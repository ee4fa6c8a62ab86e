-- ===== src/Tests/Controller.antt =====
-- scripts/promotion_controller.py: the theorems about its runs at concrete inputs. Two witnesses are
-- down, and the provider and the owner answer as they should.
use zkdeal_cloud_deployer_in.Base.{
  String, [], arith, false, if◌then◌else◌, refl, some, true, ℕ, ◌*◌, ◌+◌, ◌==◌, ◌∷◌, ◌≡◌, ◌≢◌,
}
use zkdeal_cloud_deployer_in.Base.Json.{Fields, bool, dict, end, num, obj, scalar_text, str}
use zkdeal_cloud_deployer_in.Base.Text.{parse_lsn}
use zkdeal_cloud_deployer_in.Promotion.Model.{
  Config, History, Reply, Surroundings, answered, emit, err, failed, json, monotonic, ok,
  out_of_fuel, read_reply, request_json, slept, ◌>>=◌,
}
use zkdeal_cloud_deployer_in.Promotion.Validate.{
  active_witness_healthy, all_proved, standby_ready, validate_commit, validate_owner_promotion,
  validate_prepare,
}
use zkdeal_cloud_deployer_in.Promotion.Monitor.{
  cycle_end, end_cycle, failure_start, judge, monitor, threshold_reached, witness, witnesses,
}
use zkdeal_cloud_deployer_in.Promotion.Promote.{
  after_monitor, commit_promotion, completion, promote, promote_owner, run,
}
use zkdeal_cloud_deployer_in.Promotion.Discipline.{posts}
use zkdeal_cloud_deployer_in.Promotion.Discipline.Order.{Posted, run-Posted}
use zkdeal_cloud_deployer_in.Promotion.Outage.{LongOutage, monitor-LongOutage}
use zkdeal_cloud_deployer_in.Promotion.Window.{monitor_enough_fuel}
use zkdeal_cloud_deployer_in.Promotion.Recovery.{InTime, monitoring, run-InTime}
use zkdeal_cloud_deployer_in.Provider.Docker.{committed_response, ready_response}

abbrev pub controller : Config
controller = record {
  active_health_urls = "http://w1" ∷ "http://w2" ∷ [];
  standby_health_url = "http://standby";
  failover_provider_url = "http://provider";
  promotion_endpoint = "http://owner";
  active_coordinator_id = "node-a";
  standby_coordinator_id = "node-b";
  candidate_id = "candidate-1";
  provider_token = "provider-token";
  approval_token = "approval-token";
  principal_token = "principal-token";
  failure_threshold = 3;
  max_monitor_cycles = 5;
  max_rto_seconds = 60;
  max_checkpoint_age_seconds = 30;
  armed = true;
}

abbrev reply_with : Fields → Reply
reply_with fields = answered 200 100 (json (obj fields))

abbrev answer : String → Reply
answer url =
    if url == "http://standby"
    then reply_with (
        dict (
          ("coordinatorId", str "node-b")
          ∷ ("configuredRole", str "standby")
          ∷ ("effectiveRole", str "standby")
          ∷ ("acceptingWrites", bool false)
          ∷ []))
    else if url == "http://provider"
    then reply_with (ready_response (str "candidate-1") "0/10" "0/20")
    else if url == "http://owner"
    then reply_with (
        dict (
          ("promoted", bool true)
          ∷ ("indexerHeadMatchesL1", bool true)
          ∷ ("effectiveRole", str "active")
          ∷ ("promotionReplication", obj end)
          ∷ []))
    else if url == "http://provider/candidate-1/commit"
    then reply_with (committed_response "candidate-1" "node-b")
    else failed

abbrev count_pauses : History → ℕ
count_pauses [] = 0
count_pauses (slept ∷ h) = let before = count_pauses h in before + 1
count_pauses (e ∷ h) = count_pauses h

abbrev net : Surroundings
net = record {
  open_url = λ h request. answer request.url;
  monotonic = λ h. 1000 * count_pauses h;
  seconds = num;
  digest = λ fields. "digest";
  quote = λ text. text;
}

abbrev outcome : Fields
outcome = completion net controller "candidate-1" 2000

run_promotes : (run net controller 5 []).0 ≡ ok (some outcome)
unfolding run monitor witnesses witness cycle_end failure_start end_cycle threshold_reached
    after_monitor promote promote_owner commit_promotion ◌>>=◌ emit monotonic request_json
    read_reply judge active_witness_healthy standby_ready validate_prepare validate_owner_promotion
    validate_commit all_proved scalar_text parse_lsn
run_promotes = refl

run-Posted_example : Posted net controller (posts (run net controller 5 []).1)
run-Posted_example = run-Posted net controller 5 [] refl

run-InTime_example :
    (first_failure : ℕ) × ((monitor net controller 5 0 0 0 (monitoring net controller [])).0
      ≡ ok (some first_failure))
    × InTime net controller first_failure (run net controller 5 []).1 outcome
run-InTime_example = run-InTime net controller 5 [] outcome run_promotes

monitor_leaves : (monitor net controller 5 0 0 0 []).0 ≡ ok (some 0)
unfolding monitor witnesses witness cycle_end failure_start end_cycle threshold_reached ◌>>=◌ emit
    monotonic read_reply judge active_witness_healthy
monitor_leaves = refl

monitor-LongOutage_example : LongOutage net controller 0 (monitor net controller 5 0 0 0 []).1
monitor-LongOutage_example = monitor-LongOutage net controller 5 [] 0 monitor_leaves

monitor_enough_fuel_example : (monitor net controller 5 0 0 0 []).0 ≢ err out_of_fuel
monitor_enough_fuel_example = monitor_enough_fuel net controller 5 [] (omega arith) (omega arith)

What is being asked >> Check every line above for the string "LongOutage", and copy the ones that have it.

Response area >>
use zkdeal_cloud_deployer_in.Promotion.Outage.{LongOutage, monitor-LongOutage}
monitor-LongOutage_example : LongOutage net controller 0 (monitor net controller 5 0 0 0 []).1
monitor-LongOutage_example = monitor-LongOutage net controller 5 [] 0 monitor_leaves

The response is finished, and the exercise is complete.